Analyzes all traces in an export: aggregate statistics, anomaly detection across the corpus, comparison of query vs transaction patterns. Use when you want a high-level understanding of system behavior.

/trace-overview path/to/traces.json

Exporting traces from Jaeger

  1. Open Jaeger UI (default: http://localhost:16686)
  2. Search for traces of interest (by service name, operation, duration, etc.)
  3. Click the JSON download button on a trace or search result
  4. Save to a file and pass to either skill

See the OTEL dev harness for running a local Jaeger instance.

Releasing

Cutting a release is two phases: a release PR that bumps the version, then a tag pushed after the PR merges. The tag triggers cargo-dist, which builds binaries and publishes the GitHub Release. Release notes are auto-generated by GitHub from merged PR titles since the previous tag.

The flow

# 1. Branch off main and bump the workspace version.
git checkout main && git pull
git checkout -b release/v4.0.3
$EDITOR Cargo.toml                      # update [workspace.package].version
cargo update --workspace                # refresh Cargo.lock
git commit -am "release v4.0.3"
git push -u origin release/v4.0.3
gh pr create --title "release v4.0.3"

# 2. After the PR is reviewed and merged to main, tag the merge commit.
git checkout main && git pull
git tag v4.0.3
git push origin v4.0.3                  # ← triggers .github/workflows/release.yml

Watch the Actions tab. cargo-dist builds platform binaries, creates the GitHub Release with auto-generated notes, publishes the Homebrew formula, and pushes the multi-arch Docker image.

Why the two-phase split

cargo-dist’s release workflow triggers on any pushed vX.Y.Z tag regardless of which branch the tag points at. Holding the tag step until after merge ensures every release goes through PR review.

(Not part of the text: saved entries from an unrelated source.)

-- ===== src/Firmware/Protocol.antt =====
-- The flashing protocol of a CANopen device, as an automaton over the logged calls: the
-- specification that firmware-update/co-firmware-update.py is held to.
pub mod Rules
pub mod Wait
pub mod Transfer
pub mod Conforms
use canopen_tools.Prelude.{ℕ, ◌≡◌, refl, List, [], ◌∷◌, ◌++◌, ◌==◌, if◌then◌else◌}
use canopen_tools.Outcome.{Exn, Result, ok, raise}
use canopen_tools.Firmware.Device.{
  Call, connect, disconnect, add_node, read_swid, read_status, pre_operational, wait_bootup, ctrl,
  get_size, open_file, read_file, close_file, open_transfer, write, show_progress, close_transfer,
  sleep, Event, Log,
}

-- How far the device is; `sent` is what the transfer has taken. A flash status of 0 turns `cleared`
-- into `erased` and `downloaded` into `verified`. `violation` is reached by a call out of order.
pub data Stage : Type 0 where
  idle stopped cleared erased : Stage
  downloading downloaded verified started confirmed : List ℕ → Stage
  violation : Stage

-- Program control: 0 stops, 3 clears, 1 starts and 128 confirms; nothing else is sent.
abbrev pub control : Stage → ℕ → Stage
control idle n = if n == 0 then stopped else violation
control stopped n = if n == 3 then cleared else violation
control (verified sent) n = if n == 1 then started sent else violation
control (started sent) n = if n == 128 then confirmed sent else violation
control _ n = violation

abbrev pub flash_status : Stage → ℕ → Stage
flash_status idle n = idle
flash_status cleared n = if n == 0 then erased else cleared
flash_status (downloaded sent) n = if n == 0 then verified sent else downloaded sent
flash_status _ n = violation

abbrev pub begin_transfer : Stage → Stage
begin_transfer erased = downloading []
begin_transfer _ = violation

abbrev pub transfer : Stage → List ℕ → Stage
transfer (downloading sent) bytes = downloading (sent ++ bytes)
transfer _ bytes = violation

abbrev pub end_transfer : Stage → Stage
end_transfer (downloading sent) = downloaded sent
end_transfer _ = violation

-- Pre-operational mode is entered before the program is stopped, and after it was started.
abbrev pub enter_pre_operational : Stage → Stage
enter_pre_operational idle = idle
enter_pre_operational (started sent) = started sent
enter_pre_operational _ = violation

abbrev pub boot_up : Stage → Stage
boot_up (started sent) = started sent
boot_up _ = violation

-- A call that succeeds, with the number that it returned.
abbrev pub advance : Stage → Call → ℕ → Stage
advance s (ctrl c) n = control s c
advance s read_status n = flash_status s n
advance s (open_transfer size) n = begin_transfer s
advance s (write bytes) n = transfer s bytes
advance s close_transfer n = end_transfer s
advance s pre_operational n = enter_pre_operational s
advance s wait_bootup n = boot_up s
advance s connect n = s
advance s disconnect n = s
advance s add_node n = s
advance s read_swid n = s
advance s get_size n = s
advance s open_file n = s
advance s read_file n = s
advance s close_file n = s
advance s (show_progress a b) n = s
advance s sleep n = s

-- A call that raises changes nothing, if it was in order.
abbrev pub refused : Stage → Stage → Stage
refused s violation = violation
refused s _ = s

abbrev pub next : Stage → Event → Stage
next s (c, ok n) = advance s c n
next s (c, raise e) = refused s (advance s c 0)

abbrev pub run : Stage → Log → Stage
run s [] = s
run s (e ∷ l) = run (next s e) l

pub run-append : (s : Stage) (l k : Log) → run s (l ++ k) ≡ run (run s l) k
run-append s [] k = refl
run-append s (e ∷ l) k = run-append (next s e) l k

How release notes are generated

.github/workflows/release.yml calls gh release create --generate-notes. GitHub builds the release body automatically from PRs merged since the previous tag, categorized per .github/release.yml:

LabelSection
breaking-change, semver:majorBreaking Changes
feature, enhancement, featFeatures
bug, fixBug Fixes
performance, perfPerformance
documentation, docsDocumentation
(anything else)Other Changes

Apply one of these labels to each PR before merging. Unlabeled PRs still appear under “Other Changes” with their full title and author credit, so categorization is nice-to-have, not required.

PR titles already follow the feat: / fix: / docs: convention from CLAUDE.md, which makes the unlabeled “Other Changes” list readable on its own.

Rolling back

During Phase 1, before pushing:

git checkout main
git branch -D release/vX.Y.Z

After the release PR is opened but before merge:

Close the PR and delete the branch on GitHub. Nothing has shipped.

After the tag is pushed but cargo-dist still running:

git push origin :refs/tags/vX.Y.Z       # delete the remote tag
git tag -d vX.Y.Z                       # delete the local tag

Cancel the in-progress Release workflow run from the Actions tab.

After cargo-dist created the GitHub Release:

Delete the GitHub Release from the UI, then delete the tag (commands above). The merge commit on main stays in place — re-tag it once the issue is fixed, or supersede it with another release PR.

Configuration files

  • .github/release.yml — categorization for GitHub’s auto-generated release notes.
  • dist-workspace.toml — cargo-dist’s distribution targets and installers.
  • .github/workflows/release.yml — autogenerated by cargo-dist (with allow-dirty = ["ci"] set so our --generate-notes edit survives dist init).